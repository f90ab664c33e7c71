-- ===== src/RandomAccessFile/Reads.antt =====
-- src/persistence_layer/file_io/random_access_file.rs: reads that lie in the file, and reads that do not.
use elektro_em_eukal.Base.{
  ℕ, zero, suc, ◌≤◌, ◌<◌, ◌≡◌, refl, true, false, none, List, [], ◌∷◌, ltb, length, arith,
}
use elektro_em_eukal.Anchors.{Error, ok, err}
use elektro_em_eukal.LogRecord.Parts.{drop}
use elektro_em_eukal.RandomAccessFile.{RandomAccessFile, take, read, unexpected_eof}
use elektro_em_eukal.FileIo.Written.{length-take}

module _ (log : RandomAccessFile) where
  pub read_window :
      (n offset : ℕ) (rest : List ℕ)
      → drop offset log.content ≡ rest
      → n ≤ length rest
      → read log n offset none ≡ ok (take n rest)
  unfolding read
  read_window n offset rest e h =
      let enough : ltb (length (take n rest)) n ≡ false = ground (arith, length-take n rest h) in
      rw (e, enough) refl

  pub read_short :
      (n offset : ℕ) (rest : List ℕ)
      → drop offset log.content ≡ rest
      → length rest < n
      → read log n offset none ≡ err (Error.io unexpected_eof)
  unfolding read
  read_short n offset rest e h =
      let few : ltb (length (take n rest)) n ≡ true = ground (arith, length-take_few n rest, h) in
      rw (e, few) refl
    where
      length-take_few : (n : ℕ) (xs : List ℕ) → length (take n xs) ≤ length xs
      length-take_few zero xs = omega arith
      length-take_few (suc n) [] = omega arith
      length-take_few (suc n) (x ∷ xs) = omega (arith, length-take_few n xs)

Problem requirements
Quote exactly the line containing "rw (e, few) refl" and every later line through the end of the listing, and no other lines.

Exercise response
      rw (e, few) refl
    where
      length-take_few : (n : ℕ) (xs : List ℕ) → length (take n xs) ≤ length xs
      length-take_few zero xs = omega arith
      length-take_few (suc n) [] = omega arith
      length-take_few (suc n) (x ∷ xs) = omega (arith, length-take_few n xs)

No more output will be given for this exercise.